Information

┄┄┄┄┄┄

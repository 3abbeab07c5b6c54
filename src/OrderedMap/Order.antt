-- ===== src/OrderedMap/Order.antt =====
-- The keys of an ordered map are strictly increasing, and every operation keeps them so.
use playground_engine.Base.{ℕ, ◌<◌, [], ◌∷◌, arith}
use playground_engine.OrderedMap.{OrderedMap, insert_or_assign, try_emplace, erase}

module _ {ℓ} {V : Type ℓ} where
  -- Every key lies above `k`.
  abbrev pub Above : ℕ → OrderedMap V → Type 0
  Above k [] = Unit
  Above k ((j, v) ∷ m) = (k < j) × Above k m

  abbrev pub IsOrdered : OrderedMap V → Type 0
  IsOrdered [] = Unit
  IsOrdered ((j, v) ∷ m) = Above j m × IsOrdered m

  Above-trans : (i j : ℕ) (m : OrderedMap V) → i < j → Above j m → Above i m
  Above-trans i j [] h a = tt
  Above-trans i j ((l, v) ∷ m) h a = (omega arith, Above-trans i j m h a.1)

  Above-insert_or_assign :
      (i k : ℕ) (v : V) (m : OrderedMap V) → i < k → Above i m → Above i (insert_or_assign k v m)
  unfolding insert_or_assign
  Above-insert_or_assign i k v [] h a = (h, tt)
  Above-insert_or_assign i k v ((j, w) ∷ m) h a =
      ground (arith, Above-insert_or_assign i k v m h a.1)

  pub insert_or_assign-IsOrdered :
      (k : ℕ) (v : V) (m : OrderedMap V) → IsOrdered m → IsOrdered (insert_or_assign k v m)
  unfolding insert_or_assign
  insert_or_assign-IsOrdered k v [] o = (tt, tt)
  insert_or_assign-IsOrdered k v ((j, w) ∷ m) o = ground (
    arith,
    insert_or_assign-IsOrdered k v m o.1,
    Above-insert_or_assign j k v m,
    Above-trans k j m,
  )

  pub try_emplace-IsOrdered :
      (k : ℕ) (v : V) (m : OrderedMap V) → IsOrdered m → IsOrdered (try_emplace k v m)
  unfolding try_emplace
  try_emplace-IsOrdered k v m o = ground (arith, insert_or_assign-IsOrdered k v m o)

  Above-erase : (i k : ℕ) (m : OrderedMap V) → Above i m → Above i (erase k m)
  unfolding erase
  Above-erase i k [] a = tt
  Above-erase i k ((j, v) ∷ m) a = ground (arith, Above-erase i k m a.1)

  pub erase-IsOrdered : (k : ℕ) (m : OrderedMap V) → IsOrdered m → IsOrdered (erase k m)
  unfolding erase
  erase-IsOrdered k [] o = tt
  erase-IsOrdered k ((j, v) ∷ m) o = ground (arith, erase-IsOrdered k m o.1, Above-erase j k m o.0)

┄┄┄┄┄┄

Assigned task
Each line from the start of the listing above through the line containing "insert_or_assign-IsOrdered k v []" should be copied exactly, please, with no other lines added.

Exercise output
repository 3abbeab07c5b6c54
filename src/OrderedMap/Order.antt
-- ===== src/OrderedMap/Order.antt =====
-- The keys of an ordered map are strictly increasing, and every operation keeps them so.
use playground_engine.Base.{ℕ, ◌<◌, [], ◌∷◌, arith}
use playground_engine.OrderedMap.{OrderedMap, insert_or_assign, try_emplace, erase}

module _ {ℓ} {V : Type ℓ} where
  -- Every key lies above `k`.
  abbrev pub Above : ℕ → OrderedMap V → Type 0
  Above k [] = Unit
  Above k ((j, v) ∷ m) = (k < j) × Above k m

  abbrev pub IsOrdered : OrderedMap V → Type 0
  IsOrdered [] = Unit
  IsOrdered ((j, v) ∷ m) = Above j m × IsOrdered m

  Above-trans : (i j : ℕ) (m : OrderedMap V) → i < j → Above j m → Above i m
  Above-trans i j [] h a = tt
  Above-trans i j ((l, v) ∷ m) h a = (omega arith, Above-trans i j m h a.1)

  Above-insert_or_assign :
      (i k : ℕ) (v : V) (m : OrderedMap V) → i < k → Above i m → Above i (insert_or_assign k v m)
  unfolding insert_or_assign
  Above-insert_or_assign i k v [] h a = (h, tt)
  Above-insert_or_assign i k v ((j, w) ∷ m) h a =
      ground (arith, Above-insert_or_assign i k v m h a.1)

  pub insert_or_assign-IsOrdered :
      (k : ℕ) (v : V) (m : OrderedMap V) → IsOrdered m → IsOrdered (insert_or_assign k v m)
  unfolding insert_or_assign
  insert_or_assign-IsOrdered k v [] o = (tt, tt)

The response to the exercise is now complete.